Atterrisseur expérimental Schiaparelli

Schiaparelli est un atterrisseur expérimental de 577 kg (Phoenix : 670 kg, Viking 600 kg) développé par l'ESA qui doit se poser en 2016 sur la planète Mars. ExoMars EDM doit permettre de valider les techniques de rentrée atmosphérique et d'atterrissage qui seront mises en œuvre par de futures missions martiennes européennes. Il comporte un véhicule de rentrée chargé de protéger l'engin spatial de la chaleur générée par la rentrée atmosphérique, d'un parachute déployé alors que la vitesse de l'engin est tombée à Mach 2 et de moteurs-fusées à ergols liquides (hydrazine) chargées de déposer en douceur l'atterrisseur. Durant sa descente vers le sol martien, il retransmet les paramètres de vol pour permettre l'analyse de son fonctionnement. Sur le sol martien, sa durée de vie est limitée car l'énergie est fournie par des batteries qui ne sont pas rechargées. Il emporte une petite charge utile. Il est lancé avec TGO en 2016[8]. Le module EDM a été largué par l'orbiteur TGO le à 14 h 42 TU. Le , la télémétrie est perdue durant la séquence d’atterrissage automatique[7]. L'analyse révèle que le bouclier thermique a correctement réalisé sa fonction de freinage aérodynamique. Le parachute s'est ensuite correctement déployé, mais les dynamiques induites ont brièvement saturé la centrale inertielle avec pour effet une erreur d'estimation d'altitude de Schiaparelli par l'ordinateur de bord entrainant l'éjection prématurée du parachute et le fonctionnement des 3 × 3 rétrofusées pendant seulement quelques secondes à 3,7 km au-dessus du sol. En conséquence, Schiaparelli a effectué une chute libre de 3–4 kilomètres de hauteur dans l'atmosphère martienne, avant de venir percuter le sol à la vitesse substantielle de plus de 300 kilomètres par heure. Le , le parachute de 12 mètres de diamètre a pu être photographié étendu à la surface de la planète rouge. Le cliché provenait du satellite Mars Reconnaissance Orbiter de la NASA qui opère en orbite et avait été spécialement programmé. Un kilomètre plus au nord dans cette même région (de coordonnées 353,79 degrés de longitude est et 2,07 degrés de latitude sud), une tache noire de 15 × 40 mètres peut être vue. Il s'agit de la trace laissée par l'impact du module d'atterrissage, le sable, les poussières et débris de roches expulsés. Le carburant résiduel présent à bord de la sonde a également pu exploser[9],[10],[11].

ExoMars 2022

Initialement nommée ExoMars 2018 puis ExoMars 2020, la mission ExoMars 2022 est planifiée pour être lancée en 2022[2] car la sonde n'était techniquement pas prête pour les précédentes fenêtres de lancement qui n'ont lieu que tous les 26 mois. Le site d'atterrissage, choisi en (à l'aide notamment des observations du spectromètre OMEGA, à bord de la sonde européenne Mars Express) sera Oxia Planum, près de l'équateur[12].

Module d'atterrissage

La Russie, à travers un partenariat avec Roscosmos, fournit le module de descente et d'atterrissage du rover ExoMars. Cette plateforme d'atterrissage, dont descendra le rover une fois qu'elle sera posée sur Mars, est baptisée Kazatchok (russe: Казачок), ce qui signifie « petit cosaque » et aussi une danse traditionnelle cosaque[13],[14].

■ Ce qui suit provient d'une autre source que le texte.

-- ===== src/Admin/Requests.antt =====
-- The requests of the administration, as `JsonReader` of `src/app/admin/config_admin_parse.cpp`
-- reads them; the types are those of `config_admin_types.hpp`. A body that is refused has the error
-- of `ParseResult` and its kin, one that is accepted the request.
use asio_owen.Prelude.{
  ℕ, suc, zero, ltb, Bool, true, false, ◌||◌, not, List, [], ◌∷◌, if◌then◌else◌, some, none, Bytes,
  codes, bytes_eq, is_empty, length, ℤ, pos, ltb_ℤ,
}
use asio_owen.Admin.Json.{
  Parsed, parsed, refused, unfinished, and_then, or_fail, skip_ws, consume, expect, parse_string,
  parse_int64,
}
use asio_owen.Admin.Values.{skip_value, object_loop}

pub record ManagedFile : Type 0 where
  pub name : Bytes
  pub content : Bytes

pub record SaveRequest : Type 0 where
  pub base_version : ℤ
  pub reason : Bytes
  pub files : List ManagedFile

pub record LoginRequest : Type 0 where
  pub username : Bytes
  pub password : Bytes

-- `kMaxLoginFieldBytes`
abbrev pub max_login_field_bytes : ℕ
max_login_field_bytes = 256

-- A value that passes a test is stored, or the request fails.
unfoldable pub checked : {A R : Type 0} → Bytes → Parsed A → (A → Bool) → (A → R) → Parsed R
checked error value bad store =
    and_then (or_fail error value)
      (λ a rest. if bad a then refused error else parsed (store a) rest)

abbrev pub any_text : Bytes → Bool
any_text _ = false

-- A member that is of no interest.
unfoldable pub other_member : {R : Type 0} → R → Bytes → Parsed R
unfolding skip_value
other_member r s =
    and_then (or_fail (codes "invalid JSON value") (skip_value s)) (λ _ rest. parsed r rest)

-- A body is one object, of which `finish` looks at what was seen.
unfoldable pub parse_body :
    {R A : Type 0} → (Bytes → R → Bytes → Parsed R) → R → (R → Parsed A) → Bytes → Parsed A
unfolding expect object_loop skip_ws
parse_body field r finish body = and_then (expect b'{' (codes "expected object") body) (λ _ s.
    and_then (object_loop (suc (length s)) field r s)
      (λ r s. if is_empty (skip_ws s) then finish r else refused (codes "trailing data")))

pub record LoginFields : Type 0 where
  pub request : LoginRequest
  pub saw_username : Bool
  pub saw_password : Bool

abbrev pub bad_login_field : Bytes → Bool
bad_login_field value = is_empty value || ltb max_login_field_bytes (length value)

unfoldable pub login_field : Bytes → LoginFields → Bytes → Parsed LoginFields
unfolding parse_string checked other_member
login_field key r s =
    if bytes_eq key (codes "username")
    then checked (codes "invalid username") (parse_string s) bad_login_field
        (λ value. record r { request = record r.request { username = value }; saw_username = true })
    else if bytes_eq key (codes "password")
    then checked (codes "invalid password") (parse_string s) bad_login_field
        (λ value. record r { request = record r.request { password = value }; saw_password = true })
    else other_member r s

unfoldable pub finish_login : LoginFields → Parsed LoginRequest
finish_login r =
    if not r.saw_username
    then refused (codes "missing username")
    else if not r.saw_password
    then refused (codes "missing password")
    else parsed r.request []

abbrev pub no_login : LoginFields
no_login = record {
  request = record { username = []; password = [] };
  saw_username = false;
  saw_password = false;
}

unfoldable pub parse_login_request : Bytes → Parsed LoginRequest
unfolding parse_body login_field finish_login
parse_login_request body = parse_body login_field no_login finish_login body

pub record FileFields : Type 0 where
  pub file : ManagedFile
  pub saw_name : Bool
  pub saw_content : Bool

unfoldable pub file_field : Bytes → FileFields → Bytes → Parsed FileFields
unfolding parse_string checked other_member
file_field key r s =
    if bytes_eq key (codes "name")
    then checked [] (parse_string s) any_text
        (λ value. record r { file = record r.file { name = value }; saw_name = true })
    else if bytes_eq key (codes "content")
    then checked [] (parse_string s) any_text
        (λ value. record r { file = record r.file { content = value }; saw_content = true })
    else other_member r s

abbrev pub no_file : FileFields
no_file = record {
  file = record { name = []; content = [] };
  saw_name = false;
  saw_content = false;
}

unfoldable pub parse_file_object : Bytes → Parsed ManagedFile
unfolding expect object_loop file_field
parse_file_object s = and_then (expect b'{' [] s) (λ _ s.
    and_then (object_loop (suc (length s)) file_field no_file s)
      (λ r rest. if not r.saw_name || not r.saw_content then refused [] else parsed r.file rest))

-- Here too, the array may end after a comma.
unfoldable pub files_loop : ℕ → Bytes → Parsed (List ManagedFile)
unfolding consume expect parse_file_object
files_loop zero s = unfinished
files_loop (suc fuel) s = elim (consume b']' s) [
  | some rest ↦ parsed [] rest
  | none ↦ and_then (parse_file_object s) (λ file s. elim (consume b',' s) [
    | some rest ↦ and_then (files_loop fuel rest) (λ files rest. parsed (file ∷ files) rest)
    | none ↦ and_then (expect b']' [] s) (λ _ rest. parsed (file ∷ []) rest)
  ])
]

unfoldable pub parse_files_array : Bytes → Parsed (List ManagedFile)
unfolding expect files_loop
parse_files_array s = and_then (expect b'[' [] s) (λ _ s. files_loop (suc (length s)) s)

pub record SaveFields : Type 0 where
  pub request : SaveRequest
  pub saw_base_version : Bool
  pub saw_files : Bool

abbrev pub is_negative : ℤ → Bool
is_negative v = ltb_ℤ v (pos 0)

abbrev pub is_not_positive : ℤ → Bool
is_not_positive v = not (ltb_ℤ (pos 0) v)

unfoldable pub save_field : Bytes → SaveFields → Bytes → Parsed SaveFields
unfolding parse_string parse_int64 parse_files_array checked other_member
save_field key r s =
    if bytes_eq key (codes "base_version")
    then checked (codes "invalid base_version") (parse_int64 s) is_negative (λ value. record r {
      request = record r.request { base_version = value };
      saw_base_version = true;
    })
    else if bytes_eq key (codes "reason")
    then checked (codes "invalid reason") (parse_string s) any_text
        (λ value. record r { request = record r.request { reason = value } })
    else if bytes_eq key (codes "files")
    then checked (codes "invalid files array") (parse_files_array s) (λ _. false)
        (λ files. record r { request = record r.request { files = files }; saw_files = true })
    else other_member r s

unfoldable pub finish_save : SaveFields → Parsed SaveRequest
finish_save r =
    if not r.saw_base_version
    then refused (codes "missing base_version")
    else if not r.saw_files
    then refused (codes "missing files")
    else parsed r.request []

abbrev pub no_save : SaveFields
no_save = record {
  request = record { base_version = pos 0; reason = []; files = [] };
  saw_base_version = false;
  saw_files = false;
}

unfoldable pub parse_save_request : Bytes → Parsed SaveRequest
unfolding parse_body save_field finish_save
parse_save_request body = parse_body save_field no_save finish_save body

Cette plateforme a quitté les installations de Lavotchkine le pour Turin (Italie) pour l'assemblage final et des tests chez Thales Alenia Space, le tout en collaboration avec l'Agence spatiale européenne[13],[14].

Rover ExoMars

Le rover ExoMars est un rover de 300 kg développé par l'ESA qui emporte une foreuse capable de ramener une carotte prélevée jusqu'à 2 mètres de profondeur, au maximum, et un laboratoire capable d'analyser l'échantillon et d'identifier des marqueurs biochimiques. Le rover embarque également des instruments pour identifier la présence d'eau ou de matériaux hydratés, des caméras et des spectromètres. Le véhicule de rentrée et de descente jusqu'au sol martien est fourni par Roscosmos. Le rover Exomars doit être lancé en 2020[15]. Le , l'ESA officialise son nom. Il s'appelle désormais Rosalind Franklin en l'honneur de cette physico-chimiste britannique qui a œuvré à la découverte de la structure de l'ADN[16].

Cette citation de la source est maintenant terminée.